Schaffhausen, 2. Juli 1920: Neun junge Pontoniere wagten eine verbotene Bootsfahrt auf dem Rhein. Dort, wo heute das Kraftwerk steht, versuchten sie an diesem Abend, die gefährlichen Stromschnellen zu bezwingen. Sie waren beflügelt von ihrem Erfolg, hatten sie doch zuvor eine schwierige Fahrt auf der Reuss in Luzern gemeistert.
Die jungen Männer waren mit einem sogenannten Dreiteiler unterwegs – ein Boot, welches sich aus drei Elementen zusammensetzt. «Das war natürlich interessant für die Steuerleute», sagt Pontonier Christian Stamm 100 Jahre nach dem Unglück. Stamm hat sich mit der tödlichen Fahrt der jungen Männer auseinandergesetzt und kann ihre Faszination nachvollziehen: «Einen Dreiteiler sauber fahren und landen zu können, macht uns Pontoniere stolz».
Die jungen Männer verstärkten ihr Boot bei der verbotenen Fahrt extra mit Spanntau, um es stabiler zu machen. Voller Zuversicht, in grösster Geschwindigkeit näherten sie sich dem Moserdamm, wie einer der Beteiligten später in einem Bericht geschrieben hatte. Doch das Boot konnte dem grossen Wasserdruck nicht standhalten, füllte sich in Kürze mit Wasser.
Bilder eines eingeweihten Fotografen dokumentieren die letzten Momente: Der Rumpf des Dreiteilers brach, der Vorderteil mit drei Personen verschwand in der Gischt.
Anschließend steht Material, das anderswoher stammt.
-- ===== src/Event/Wait.antt =====
-- `akira_event_wait`: which event a waiting thread takes, and what it leaves behind.
use akira_os.Prelude.{
  ℕ, zero, suc, ◌+◌, ◌-◌, ◌%◌, ◌<◌, ◌≤◌, ◌≡◌, ◌≢◌, refl, sym, ap, subst, ◌∙◌, ◌⊎◌, inl, inr, Bool,
  true, false, not, ◌&&◌, Option, none, some, List, [], ◌∷◌, ◌++◌, arith, Ret, ok, err, Errno, ◌==◌,
  leb, if_case, Option-cases, find_index, find_index-Found, lt_of_get_elem?, get_or, get_elem?,
  remove_at,
}
use mathlib.Core.Option
use akira_os.Event.{Event, EventSys, no_event, queue_size, akira_event_post}
use akira_os.Event.Waiting.{
  scan, ring_shift, take_matching, Round, wait_forever, wait_rounds, akira_event_wait,
}
use akira_os.Event.Ring.{
  ring_read, length-ring_read, ring_read-ring_shift, ring_shift_end, ring_push_late,
  get_elem?-ring_read,
}
use akira_os.Event.Invariant.{IsValid, contents}

abbrev pub is_type : ℕ → Event → Bool
is_type type e = e.type == type

-- The scan is the search for the first event of the type in the queue.
scan-find_index :
    (q : List Event) (h type k i : ℕ)
    → scan q h type k i
      ≡ Option.map (λ (j : ℕ). i + j) (find_index (is_type type) (ring_read q (h + i) k))
unfolding scan
scan-find_index q h type zero i = refl
scan-find_index q h type (suc k) i =
    let next : ring_read q (h + (i + 1)) k ≡ ring_read q (suc (h + i)) k =
      ap (λ b. ring_read q b k) (omega arith) in
    ground (arith, scan-find_index q h type k (i + 1), next)

-- What a round that finds an event has done: `event` was the first of its type in the queue, at
-- place `at`, and the queue has lost that event and no other.
pub record Takes (s : EventSys) (type : ℕ) (s' : EventSys) (event : Event) : Type 0 where
  pub at : ℕ
  pub first : find_index (is_type type) (contents s) ≡ some at
  pub there : get_elem? (contents s) at ≡ some event
  pub removed : contents s' ≡ remove_at at (contents s)
  pub count : s'.queue_count + 1 ≡ s.queue_count

scan-eq :
    (s : EventSys) (type : ℕ)
    → scan s.queue s.queue_head type s.queue_count 0 ≡ find_index (is_type type) (contents s)
scan-eq s type =
    let base : contents s ≡ ring_read s.queue (s.queue_head + 0) s.queue_count =
      ap (λ b. ring_read s.queue b s.queue_count) (omega arith) in
    ground (arith, scan-find_index s.queue s.queue_head type s.queue_count 0, base)

module _ {s : EventSys} (type at : ℕ) (v : IsValid s)
    (hit : find_index (is_type type) (contents s) ≡ some at) where
  at-lt : at < s.queue_count
  at-lt =
      let f = find_index-Found (is_type type) (contents s) at hit in
      omega (
        arith,
        lt_of_get_elem? (contents s) at f.there,
        length-ring_read s.queue s.queue_head s.queue_count,
      )

  found_event : Event
  found_event = get_or s.queue ((s.queue_head + at) % queue_size) no_event

  after_take : EventSys
  after_take = record s {
    queue = ring_shift (s.queue_head + at) (s.queue_count - 1 - at) s.queue;
    queue_count = s.queue_count - 1;
  }

  take_matching-hit : take_matching s type ≡ (after_take, some found_event)
  unfolding take_matching after_take found_event
  take_matching-hit = rw (scan-eq s type ∙ hit, take_matching)

  take_matching-Takes : Takes s type after_take found_event
  unfolding after_take found_event
  take_matching-Takes = record {
    at = at;
    first = hit;
    there = get_elem?-ring_read s.queue s.queue_head s.queue_count at at-lt;
    removed =
        ring_read-ring_shift s.queue s.queue_head at (s.queue_count - 1 - at) (s.queue_count - 1)
          (omega (arith, at-lt)) (omega (arith, at-lt, v.count_in)) v.room
        ∙ ap (λ n. remove_at at (ring_read s.queue s.queue_head n)) {x = suc (s.queue_count - 1)}
            (omega (arith, at-lt));
    count = omega (arith, at-lt);
  }

  after_take-not-IsValid : ¬ IsValid after_take
  unfolding after_take
  after_take-not-IsValid w = omega (arith, at-lt, w.tail_at)

  post_after_take :
      (last f : Event)
      → s.initialized ≡ true
      → s.queue_count < queue_size
      → get_elem? (contents s) (s.queue_count - 1) ≡ some last
      → ((akira_event_post after_take (some f)).0 ≡ ok 0)
        × (contents (akira_event_post after_take (some f)).1 ≡ contents after_take ++ last ∷ [])
  unfolding akira_event_post after_take
  post_after_take last f on room l =
      let k = s.queue_count - 1 - at in
      let q' = ring_shift (s.queue_head + at) k s.queue in
      ground (
        arith,
        at-lt,
        ring_push_late q' s.queue_head (s.queue_count - 1) s.queue_tail f,
        ring_shift_end (s.queue_head + at) k ((s.queue_head + (s.queue_count - 1)) % queue_size)
            s.queue,
        get_elem?-ring_read s.queue s.queue_head s.queue_count (s.queue_count - 1),
      )

take_matching-miss :
    (s : EventSys) (type : ℕ)
    → find_index (is_type type) (contents s) ≡ none
    → take_matching s type ≡ (s, none)
unfolding take_matching
take_matching-miss s type miss = rw (scan-eq s type ∙ miss, take_matching)

-- On a valid state, a round of `akira_event_wait` takes the first queued event of the type and keeps the other
-- events in order, or finds none and changes nothing.
pub take_matching_cases :
    (s : EventSys) (type : ℕ)
    → IsValid s
    → ((find_index (is_type type) (contents s) ≡ none) × (take_matching s type ≡ (s, none)))
      ⊎ ((s' : EventSys) × (event : Event) × (take_matching s type ≡ (s', some event))
          × Takes s type s' event)
take_matching_cases s type v = elim (Option-cases (find_index (is_type type) (contents s))) [
  | inl miss ↦ inl (miss, take_matching-miss s type miss)
  | inr (at, hit) ↦ inr (
    after_take type at v hit,
    found_event type at v hit,
    take_matching-hit type at v hit,
    take_matching-Takes type at v hit,
  )
]

-- A successful round leaves the state to which `IsValid` does not apply.
take_matching-hit_inv :
    {s s' : EventSys} (type : ℕ) {event : Event} (v : IsValid s)
    → take_matching s type ≡ (s', some event)
    → (at : ℕ) × (hit : find_index (is_type type) (contents s) ≡ some at) × (s'
        ≡ after_take type at v hit)
take_matching-hit_inv {s} type v e = elim (Option-cases (find_index (is_type type) (contents s))) [
  | inl miss ↦ absurd (cc (take_matching-miss s type miss))
  | inr (at, hit) ↦ (at, hit, cc (take_matching-hit type at v hit))
]

-- The defect: `akira_event_wait` does not move `queue_tail` back when it takes an event. The state
-- is then no longer a queue, and of an event that is posted next, with room in the queue and status
-- 0, nothing arrives: the queue holds once more what was its last event before the wait.
pub wait_then_post_loses :
    (s s' : EventSys) (type : ℕ) (event last posted : Event)
    → IsValid s
    → s.initialized ≡ true
    → s.queue_count < queue_size
    → get_elem? (contents s) (s.queue_count - 1) ≡ some last
    → take_matching s type ≡ (s', some event)
    → (¬ IsValid s')
      × ((akira_event_post s' (some posted)).0 ≡ ok 0)
      × (contents (akira_event_post s' (some posted)).1 ≡ contents s' ++ last ∷ [])
wait_then_post_loses s s' type event last posted v on room l e =
    let (at, hit, same) = take_matching-hit_inv {s = s} type v e in
    subst
      (λ (t : EventSys).
        (¬ IsValid t)
        × ((akira_event_post t (some posted)).0 ≡ ok 0)
        × (contents (akira_event_post t (some posted)).1 ≡ contents t ++ last ∷ []))
      (sym same)
      (
        after_take-not-IsValid type at v hit,
        (post_after_take type at v hit last posted on room l).0,
        (post_after_take type at v hit last posted on room l).1,
      )

-- Whatever the state, what the scan finds has the type.
scan-is_type :
    (q : List Event) (h type k i : ℕ) {j : ℕ}
    → scan q h type k i ≡ some j
    → is_type type (get_or q ((h + j) % queue_size) no_event) ≡ true
unfolding scan
scan-is_type q h type zero i e = ground arith
scan-is_type q h type (suc k) i {j} e =
    if_case
      (λ (o : Option ℕ).
        o ≡ some j → is_type type (get_or q ((h + j) % queue_size) no_event) ≡ true)
      (is_type type (get_or q ((h + i) % queue_size) no_event)) (λ t o. ground arith)
      (λ f o. scan-is_type q h type k (i + 1) o) e

take_matching-is_type :
    (s : EventSys) (type : ℕ) (event : Event)
    → (take_matching s type).1 ≡ some event
    → event.type ≡ type
unfolding take_matching
take_matching-is_type s type event e =
    elim (Option-cases (scan s.queue s.queue_head type s.queue_count 0)) [
      | inl n ↦ ground arith
      | inr (j, f) ↦ ground (arith, scan-is_type s.queue s.queue_head type s.queue_count 0 f)
    ]

-- The rounds go on until the semaphore times out or the time is over.
abbrev pub Expires : ℕ → List Round → Type 0
Expires timeout_ms [] = ⊥
Expires timeout_ms (r ∷ rs) = (r.granted ≡ false) ⊎ (timeout_ms ≤ r.elapsed) ⊎ Expires timeout_ms rs

-- The answer 0 with an event of the type, or -1 with none.
abbrev pub Answers : ℕ → Ret × Option Event × EventSys → Type 0
Answers type (ret, found, s) =
    ((event : Event) × (ret ≡ ok 0) × (found ≡ some event) × (event.type ≡ type))
    ⊎ ((ret ≡ err Errno.failed) × (found ≡ none))

Expires-tail :
    (r : Round) (rs : List Round) (timeout_ms : ℕ)
    → not r.granted ≡ false
    → not (timeout_ms == wait_forever) && leb timeout_ms r.elapsed ≡ false
    → timeout_ms ≢ wait_forever
    → Expires timeout_ms (r ∷ rs)
    → Expires timeout_ms rs
Expires-tail r rs timeout_ms g t ne (inl h) = absurd (ground arith)
Expires-tail r rs timeout_ms g t ne (inr (inl h)) = absurd (ground arith)
Expires-tail r rs timeout_ms g t ne (inr (inr h)) = h

wait_rounds-Answers :
    (rs : List Round) (s : EventSys) (type timeout_ms : ℕ)
    → timeout_ms ≢ wait_forever
    → Expires timeout_ms rs
    → (r : Ret × Option Event × EventSys) × (wait_rounds rs s type timeout_ms ≡ some r)
      × Answers type r
unfolding wait_rounds
wait_rounds-Answers [] s type timeout_ms ne x = absurd x
wait_rounds-Answers (r ∷ rs) s type timeout_ms ne x =
    if_case P (not r.granted) (λ e. (_, refl, inr (refl, refl)))
      λ g. elim (Option-cases (take_matching (r.others s) type).1) [
        | inl n ↦ rw n (
            if_case P (not (timeout_ms == wait_forever) && leb timeout_ms r.elapsed)
              (λ t. (_, refl, inr (refl, refl)))
              λ t.
                wait_rounds-Answers rs (take_matching (r.others s) type).0 type timeout_ms ne
                  (Expires-tail r rs timeout_ms g t ne x))
        | inr (event, f) ↦
            rw f (_, refl, inl (event, refl, refl, take_matching-is_type (r.others s) type event f))
      ]
  where
    P : Option (Ret × Option Event × EventSys) → Type 0
    P o = (x' : Ret × Option Event × EventSys) × (o ≡ some x') × Answers type x'

-- A wait with a timeout comes to an end: where the semaphore times out or the time is over in one of
-- the rounds, at the latest then it answers, with 0 and an event of the requested type, or with -1 and
-- no event.
pub wait-Answers :
    (rs : List Round) (s : EventSys) (type timeout_ms : ℕ)
    → timeout_ms ≢ wait_forever
    → Expires timeout_ms rs
    → (r : Ret × Option Event × EventSys) × (akira_event_wait rs s type timeout_ms ≡ some r)
      × Answers type r
unfolding akira_event_wait
wait-Answers rs s type timeout_ms ne x =
    if_case
      (λ (o : Option (Ret × Option Event × EventSys)).
        (r : Ret × Option Event × EventSys) × (o ≡ some r) × Answers type r)
      (not s.initialized) (λ e. (_, refl, inr (refl, refl)))
      λ e. wait_rounds-Answers rs s type timeout_ms ne x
Kurz darauf verkeilte sich der Bug an einem Felsen, das Boot überschlug sich. Nur sechs der neun Pontoniere konnten sich ans Ufer retten, drei Kollegen im vorderen Teil des Bootes ertranken. Die Toten wurden später in einem Gemeinschaftsgrab in Neuhausen beigesetzt.
Das tödliche Unglück von 1920 hinterliess Spuren bei den Schaffhauser Pontonieren. Während Jahrzehnten galt das Datum als Gedenktag, niemand wagte sich aufs Wasser. 100 Jahre nach dem Unglück haben die Pontoniere haben den Anstoss gegeben, dass Schaffhausen den Toten von damals bei einer Zeremonie mit Regierungsvertreterinnen und -vertretern gedenkt. Dieser Anlass berührt den Schaffhauser Stadtarchivar Peter Scheck.
«Dabei können wir aufzeigen, wie die Menschen in der Stadt Schaffhausen früher anders mit Solidarität umgegangen sind als heute», so Scheck. Heute gäbe es wohl böse Leserbriefe, nur wenige Leute hätten Erbarmen mit den Pontonieren. Früher aber habe die Bevölkerung sogar Geld gesammelt und den Hinterbliebenen tausende Franken gespendet.